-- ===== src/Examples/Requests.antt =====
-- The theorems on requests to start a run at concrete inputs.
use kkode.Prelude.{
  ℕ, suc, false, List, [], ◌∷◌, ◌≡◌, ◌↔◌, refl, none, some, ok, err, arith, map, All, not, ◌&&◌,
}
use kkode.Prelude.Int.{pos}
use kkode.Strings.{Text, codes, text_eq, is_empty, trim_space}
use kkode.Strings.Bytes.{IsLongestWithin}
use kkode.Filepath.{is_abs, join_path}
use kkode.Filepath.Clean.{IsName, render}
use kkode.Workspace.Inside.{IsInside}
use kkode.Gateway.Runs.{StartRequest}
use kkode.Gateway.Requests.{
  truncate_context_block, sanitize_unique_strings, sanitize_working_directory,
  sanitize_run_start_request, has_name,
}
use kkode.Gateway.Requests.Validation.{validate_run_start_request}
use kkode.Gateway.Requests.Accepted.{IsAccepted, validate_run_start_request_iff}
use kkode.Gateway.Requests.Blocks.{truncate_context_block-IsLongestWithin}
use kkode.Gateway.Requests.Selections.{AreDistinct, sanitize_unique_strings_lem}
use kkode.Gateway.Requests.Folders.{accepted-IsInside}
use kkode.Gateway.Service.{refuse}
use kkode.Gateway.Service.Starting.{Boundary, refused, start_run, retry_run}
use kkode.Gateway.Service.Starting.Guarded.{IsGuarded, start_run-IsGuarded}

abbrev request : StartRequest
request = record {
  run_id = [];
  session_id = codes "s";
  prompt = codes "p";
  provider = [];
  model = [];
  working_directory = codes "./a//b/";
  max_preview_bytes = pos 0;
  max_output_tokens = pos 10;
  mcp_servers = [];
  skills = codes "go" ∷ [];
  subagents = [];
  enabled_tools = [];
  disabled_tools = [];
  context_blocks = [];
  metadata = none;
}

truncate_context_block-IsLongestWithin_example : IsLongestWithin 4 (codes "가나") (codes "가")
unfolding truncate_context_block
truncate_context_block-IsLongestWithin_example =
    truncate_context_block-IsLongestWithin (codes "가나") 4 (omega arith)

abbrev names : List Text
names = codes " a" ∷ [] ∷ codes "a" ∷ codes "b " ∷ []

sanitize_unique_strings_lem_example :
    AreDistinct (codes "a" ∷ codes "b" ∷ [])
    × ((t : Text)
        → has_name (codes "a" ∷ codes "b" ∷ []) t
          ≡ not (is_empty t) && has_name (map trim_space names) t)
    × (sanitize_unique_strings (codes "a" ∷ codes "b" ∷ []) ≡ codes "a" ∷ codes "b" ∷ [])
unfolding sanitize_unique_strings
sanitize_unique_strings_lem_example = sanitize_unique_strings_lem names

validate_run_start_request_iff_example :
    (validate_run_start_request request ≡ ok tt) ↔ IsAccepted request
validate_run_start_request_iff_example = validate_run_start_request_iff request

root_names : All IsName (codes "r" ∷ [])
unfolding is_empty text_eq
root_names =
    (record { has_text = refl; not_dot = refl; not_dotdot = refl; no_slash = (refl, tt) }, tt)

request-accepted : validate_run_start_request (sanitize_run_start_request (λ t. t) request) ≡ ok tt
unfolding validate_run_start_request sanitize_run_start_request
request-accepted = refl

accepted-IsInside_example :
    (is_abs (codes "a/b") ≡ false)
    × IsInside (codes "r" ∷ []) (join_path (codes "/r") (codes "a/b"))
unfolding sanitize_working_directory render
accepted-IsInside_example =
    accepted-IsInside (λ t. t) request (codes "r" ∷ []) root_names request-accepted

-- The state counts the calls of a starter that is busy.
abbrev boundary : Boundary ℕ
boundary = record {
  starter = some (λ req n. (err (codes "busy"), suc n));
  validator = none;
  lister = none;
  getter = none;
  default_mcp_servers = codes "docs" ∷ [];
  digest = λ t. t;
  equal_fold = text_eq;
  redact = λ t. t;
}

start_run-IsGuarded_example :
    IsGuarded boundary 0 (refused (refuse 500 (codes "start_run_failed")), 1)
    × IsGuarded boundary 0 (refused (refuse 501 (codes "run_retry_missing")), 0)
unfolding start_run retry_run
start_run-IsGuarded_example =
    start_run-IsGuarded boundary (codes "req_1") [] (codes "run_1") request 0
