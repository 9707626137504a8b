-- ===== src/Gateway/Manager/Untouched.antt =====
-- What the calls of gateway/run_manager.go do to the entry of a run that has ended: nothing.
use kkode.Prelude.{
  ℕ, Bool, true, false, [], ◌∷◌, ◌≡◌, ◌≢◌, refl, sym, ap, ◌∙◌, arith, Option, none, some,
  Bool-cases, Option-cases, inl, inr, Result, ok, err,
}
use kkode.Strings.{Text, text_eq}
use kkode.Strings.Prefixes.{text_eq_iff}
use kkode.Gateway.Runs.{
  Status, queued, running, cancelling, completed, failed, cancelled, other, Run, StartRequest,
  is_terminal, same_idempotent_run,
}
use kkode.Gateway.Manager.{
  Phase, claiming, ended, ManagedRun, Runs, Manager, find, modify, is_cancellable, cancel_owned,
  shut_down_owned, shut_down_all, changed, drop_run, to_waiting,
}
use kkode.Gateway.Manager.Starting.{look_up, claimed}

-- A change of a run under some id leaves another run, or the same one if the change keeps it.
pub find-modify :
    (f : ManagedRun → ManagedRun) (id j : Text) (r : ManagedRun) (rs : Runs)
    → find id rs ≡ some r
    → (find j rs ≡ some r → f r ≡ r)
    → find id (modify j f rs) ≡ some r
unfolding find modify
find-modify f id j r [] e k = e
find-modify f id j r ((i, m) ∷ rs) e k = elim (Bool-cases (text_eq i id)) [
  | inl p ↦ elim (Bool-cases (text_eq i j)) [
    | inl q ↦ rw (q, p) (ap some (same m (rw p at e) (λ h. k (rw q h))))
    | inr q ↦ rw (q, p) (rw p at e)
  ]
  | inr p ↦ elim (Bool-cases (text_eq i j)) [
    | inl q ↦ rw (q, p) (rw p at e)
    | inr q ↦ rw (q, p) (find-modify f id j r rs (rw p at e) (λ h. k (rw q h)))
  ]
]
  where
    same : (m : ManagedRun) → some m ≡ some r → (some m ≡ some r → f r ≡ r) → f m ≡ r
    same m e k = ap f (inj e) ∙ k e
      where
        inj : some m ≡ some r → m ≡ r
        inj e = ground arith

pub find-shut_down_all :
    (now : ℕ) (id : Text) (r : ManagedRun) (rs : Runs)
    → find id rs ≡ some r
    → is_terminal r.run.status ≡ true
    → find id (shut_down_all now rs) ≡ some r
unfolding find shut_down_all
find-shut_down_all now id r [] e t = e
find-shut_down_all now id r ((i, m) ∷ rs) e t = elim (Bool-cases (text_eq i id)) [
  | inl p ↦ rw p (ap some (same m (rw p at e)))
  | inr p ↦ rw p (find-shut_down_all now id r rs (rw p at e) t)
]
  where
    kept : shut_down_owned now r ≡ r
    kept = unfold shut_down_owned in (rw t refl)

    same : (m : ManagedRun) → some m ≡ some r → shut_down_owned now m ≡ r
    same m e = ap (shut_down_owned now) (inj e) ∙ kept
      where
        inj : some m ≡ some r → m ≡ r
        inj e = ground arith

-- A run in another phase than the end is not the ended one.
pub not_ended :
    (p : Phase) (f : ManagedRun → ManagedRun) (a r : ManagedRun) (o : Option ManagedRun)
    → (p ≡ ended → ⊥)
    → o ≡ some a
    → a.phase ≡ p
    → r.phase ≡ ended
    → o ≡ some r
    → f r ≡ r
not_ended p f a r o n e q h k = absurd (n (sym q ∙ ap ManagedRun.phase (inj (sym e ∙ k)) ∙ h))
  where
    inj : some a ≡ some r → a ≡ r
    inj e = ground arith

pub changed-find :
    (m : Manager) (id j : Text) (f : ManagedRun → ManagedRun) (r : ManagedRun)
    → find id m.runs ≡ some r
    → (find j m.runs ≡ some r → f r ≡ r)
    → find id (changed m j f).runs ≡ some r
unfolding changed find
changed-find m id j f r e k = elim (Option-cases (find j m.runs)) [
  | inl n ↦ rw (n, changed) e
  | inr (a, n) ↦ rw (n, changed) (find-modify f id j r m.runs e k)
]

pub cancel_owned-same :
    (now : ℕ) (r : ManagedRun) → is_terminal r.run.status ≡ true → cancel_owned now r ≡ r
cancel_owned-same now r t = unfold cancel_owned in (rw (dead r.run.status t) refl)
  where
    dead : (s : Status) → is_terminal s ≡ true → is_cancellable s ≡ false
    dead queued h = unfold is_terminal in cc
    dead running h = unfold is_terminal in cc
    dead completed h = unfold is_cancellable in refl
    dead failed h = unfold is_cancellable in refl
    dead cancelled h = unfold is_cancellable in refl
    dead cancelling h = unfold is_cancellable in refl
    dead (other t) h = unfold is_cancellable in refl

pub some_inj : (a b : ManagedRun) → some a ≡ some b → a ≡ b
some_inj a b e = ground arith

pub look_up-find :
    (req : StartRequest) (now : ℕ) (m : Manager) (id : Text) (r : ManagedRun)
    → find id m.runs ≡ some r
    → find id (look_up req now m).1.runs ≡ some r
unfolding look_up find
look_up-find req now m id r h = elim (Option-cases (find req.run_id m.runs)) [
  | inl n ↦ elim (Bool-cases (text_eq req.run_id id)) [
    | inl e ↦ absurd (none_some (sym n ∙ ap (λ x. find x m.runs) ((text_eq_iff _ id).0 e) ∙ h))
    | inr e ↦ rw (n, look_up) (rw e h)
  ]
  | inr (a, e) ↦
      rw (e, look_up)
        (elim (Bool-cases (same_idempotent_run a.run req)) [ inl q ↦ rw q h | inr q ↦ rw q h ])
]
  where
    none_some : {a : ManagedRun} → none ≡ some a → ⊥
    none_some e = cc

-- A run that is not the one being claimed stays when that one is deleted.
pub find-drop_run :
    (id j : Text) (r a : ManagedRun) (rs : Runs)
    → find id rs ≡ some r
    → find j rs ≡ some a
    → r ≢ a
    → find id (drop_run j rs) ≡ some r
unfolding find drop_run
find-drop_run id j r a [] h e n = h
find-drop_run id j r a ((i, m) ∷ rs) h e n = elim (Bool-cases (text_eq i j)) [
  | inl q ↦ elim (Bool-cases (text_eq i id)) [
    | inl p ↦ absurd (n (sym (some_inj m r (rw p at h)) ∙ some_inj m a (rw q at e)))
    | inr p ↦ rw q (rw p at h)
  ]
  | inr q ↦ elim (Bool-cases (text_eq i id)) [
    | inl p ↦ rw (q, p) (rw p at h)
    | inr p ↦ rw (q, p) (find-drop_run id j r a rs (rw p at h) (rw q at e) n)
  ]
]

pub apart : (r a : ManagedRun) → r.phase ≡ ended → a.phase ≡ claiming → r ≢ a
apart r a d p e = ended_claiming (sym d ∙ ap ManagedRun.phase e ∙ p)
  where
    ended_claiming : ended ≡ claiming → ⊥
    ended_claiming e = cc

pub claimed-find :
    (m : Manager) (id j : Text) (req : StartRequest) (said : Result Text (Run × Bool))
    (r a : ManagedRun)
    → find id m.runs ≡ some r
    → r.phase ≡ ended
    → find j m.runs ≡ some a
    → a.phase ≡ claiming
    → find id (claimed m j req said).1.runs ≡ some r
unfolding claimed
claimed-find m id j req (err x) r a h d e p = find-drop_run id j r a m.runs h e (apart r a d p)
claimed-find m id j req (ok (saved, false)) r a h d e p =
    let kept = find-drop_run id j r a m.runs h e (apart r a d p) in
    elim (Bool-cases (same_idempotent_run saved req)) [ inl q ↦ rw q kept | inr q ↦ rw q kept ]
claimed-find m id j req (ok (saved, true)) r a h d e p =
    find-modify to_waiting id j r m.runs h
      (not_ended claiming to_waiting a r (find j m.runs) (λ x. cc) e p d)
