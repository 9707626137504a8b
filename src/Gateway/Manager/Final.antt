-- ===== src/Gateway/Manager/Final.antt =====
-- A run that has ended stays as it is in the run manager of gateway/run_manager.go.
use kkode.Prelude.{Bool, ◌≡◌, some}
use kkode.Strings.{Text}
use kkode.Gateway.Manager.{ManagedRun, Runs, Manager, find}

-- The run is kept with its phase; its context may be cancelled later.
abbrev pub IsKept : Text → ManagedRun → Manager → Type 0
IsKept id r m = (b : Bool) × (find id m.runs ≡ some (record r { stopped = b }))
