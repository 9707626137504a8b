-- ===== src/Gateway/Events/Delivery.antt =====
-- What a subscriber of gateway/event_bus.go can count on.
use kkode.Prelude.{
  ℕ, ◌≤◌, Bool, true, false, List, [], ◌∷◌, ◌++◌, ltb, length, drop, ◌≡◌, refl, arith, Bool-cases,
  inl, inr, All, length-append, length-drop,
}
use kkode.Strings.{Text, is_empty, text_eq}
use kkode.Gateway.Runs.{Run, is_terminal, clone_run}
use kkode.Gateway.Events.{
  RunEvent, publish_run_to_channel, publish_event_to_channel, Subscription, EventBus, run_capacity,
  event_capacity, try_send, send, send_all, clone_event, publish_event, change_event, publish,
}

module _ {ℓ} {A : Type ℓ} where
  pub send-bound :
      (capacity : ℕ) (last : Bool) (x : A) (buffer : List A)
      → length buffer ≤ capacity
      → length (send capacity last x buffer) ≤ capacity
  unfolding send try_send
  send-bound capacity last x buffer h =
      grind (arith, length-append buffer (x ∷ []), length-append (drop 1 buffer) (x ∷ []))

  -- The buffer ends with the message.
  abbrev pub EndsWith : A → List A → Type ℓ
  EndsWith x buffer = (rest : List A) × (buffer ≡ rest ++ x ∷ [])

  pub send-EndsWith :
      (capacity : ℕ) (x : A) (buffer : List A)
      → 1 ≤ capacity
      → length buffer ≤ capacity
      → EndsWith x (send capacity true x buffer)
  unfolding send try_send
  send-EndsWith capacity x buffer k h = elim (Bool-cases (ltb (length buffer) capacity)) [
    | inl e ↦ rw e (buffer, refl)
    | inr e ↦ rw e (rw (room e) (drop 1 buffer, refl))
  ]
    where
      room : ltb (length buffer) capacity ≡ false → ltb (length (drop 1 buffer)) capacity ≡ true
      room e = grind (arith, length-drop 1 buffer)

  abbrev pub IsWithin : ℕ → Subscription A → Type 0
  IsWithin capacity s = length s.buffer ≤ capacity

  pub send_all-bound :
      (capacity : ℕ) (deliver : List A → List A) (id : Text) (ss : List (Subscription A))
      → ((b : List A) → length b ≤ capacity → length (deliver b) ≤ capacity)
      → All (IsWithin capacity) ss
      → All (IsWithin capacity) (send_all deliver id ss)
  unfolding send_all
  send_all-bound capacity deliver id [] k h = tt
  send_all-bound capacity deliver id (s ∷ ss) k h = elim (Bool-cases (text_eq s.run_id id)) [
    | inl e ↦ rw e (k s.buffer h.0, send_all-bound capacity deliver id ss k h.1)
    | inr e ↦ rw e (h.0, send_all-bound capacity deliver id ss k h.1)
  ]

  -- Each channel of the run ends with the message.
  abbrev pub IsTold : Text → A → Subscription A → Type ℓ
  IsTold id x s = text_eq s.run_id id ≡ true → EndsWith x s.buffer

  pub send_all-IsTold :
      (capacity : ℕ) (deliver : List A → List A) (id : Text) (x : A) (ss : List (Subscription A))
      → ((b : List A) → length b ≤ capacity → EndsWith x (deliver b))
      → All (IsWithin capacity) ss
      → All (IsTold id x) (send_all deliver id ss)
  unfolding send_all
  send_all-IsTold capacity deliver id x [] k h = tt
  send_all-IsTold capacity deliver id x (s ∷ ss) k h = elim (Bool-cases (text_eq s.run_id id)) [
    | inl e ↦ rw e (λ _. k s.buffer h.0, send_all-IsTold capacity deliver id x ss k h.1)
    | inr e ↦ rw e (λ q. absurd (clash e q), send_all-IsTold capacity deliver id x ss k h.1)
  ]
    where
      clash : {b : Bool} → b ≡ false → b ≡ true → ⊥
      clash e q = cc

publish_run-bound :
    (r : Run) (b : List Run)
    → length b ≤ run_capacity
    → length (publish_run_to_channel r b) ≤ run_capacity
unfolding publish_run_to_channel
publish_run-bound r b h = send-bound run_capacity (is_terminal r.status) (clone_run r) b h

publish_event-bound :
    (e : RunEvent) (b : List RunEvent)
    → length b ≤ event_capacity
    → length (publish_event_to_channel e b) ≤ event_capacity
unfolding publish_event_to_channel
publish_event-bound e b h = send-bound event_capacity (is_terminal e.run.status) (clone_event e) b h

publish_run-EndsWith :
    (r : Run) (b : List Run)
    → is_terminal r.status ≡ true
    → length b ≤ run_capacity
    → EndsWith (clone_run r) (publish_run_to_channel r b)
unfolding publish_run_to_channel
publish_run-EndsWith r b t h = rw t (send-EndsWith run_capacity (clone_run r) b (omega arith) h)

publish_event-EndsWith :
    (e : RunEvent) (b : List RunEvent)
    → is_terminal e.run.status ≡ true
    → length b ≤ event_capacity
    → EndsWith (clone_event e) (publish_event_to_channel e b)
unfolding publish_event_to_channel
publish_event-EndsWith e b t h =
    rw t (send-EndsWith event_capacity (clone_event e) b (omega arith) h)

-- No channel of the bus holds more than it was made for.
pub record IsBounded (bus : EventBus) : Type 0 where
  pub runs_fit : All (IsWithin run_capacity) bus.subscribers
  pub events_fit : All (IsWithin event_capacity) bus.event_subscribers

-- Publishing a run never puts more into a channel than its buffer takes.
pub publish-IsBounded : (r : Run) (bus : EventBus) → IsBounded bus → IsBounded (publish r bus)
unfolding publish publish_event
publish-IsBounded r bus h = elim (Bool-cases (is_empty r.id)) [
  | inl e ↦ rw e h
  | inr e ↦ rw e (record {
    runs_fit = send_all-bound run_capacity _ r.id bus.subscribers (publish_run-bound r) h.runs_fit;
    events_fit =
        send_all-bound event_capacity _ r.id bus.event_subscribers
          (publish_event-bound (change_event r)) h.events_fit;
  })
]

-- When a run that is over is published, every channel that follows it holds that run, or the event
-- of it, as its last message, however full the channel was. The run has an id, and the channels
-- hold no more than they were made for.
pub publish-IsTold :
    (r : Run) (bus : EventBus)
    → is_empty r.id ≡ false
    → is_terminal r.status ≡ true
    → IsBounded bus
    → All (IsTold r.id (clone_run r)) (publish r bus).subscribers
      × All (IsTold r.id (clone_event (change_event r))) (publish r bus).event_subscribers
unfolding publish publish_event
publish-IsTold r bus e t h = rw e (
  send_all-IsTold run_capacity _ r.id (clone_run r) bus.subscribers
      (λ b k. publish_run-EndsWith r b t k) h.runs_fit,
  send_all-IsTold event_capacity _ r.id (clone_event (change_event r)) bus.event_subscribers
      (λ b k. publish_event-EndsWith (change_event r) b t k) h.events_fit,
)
* * * * * * *
» **WHAT YOU HAVE TO DO**
Within the listing above, filter for lines holding the string "starter" and copy each one.

» **RESULT BELOW**
-- The state counts the calls of a starter that is busy.
  starter = some (λ req n. (err (codes "busy"), suc n));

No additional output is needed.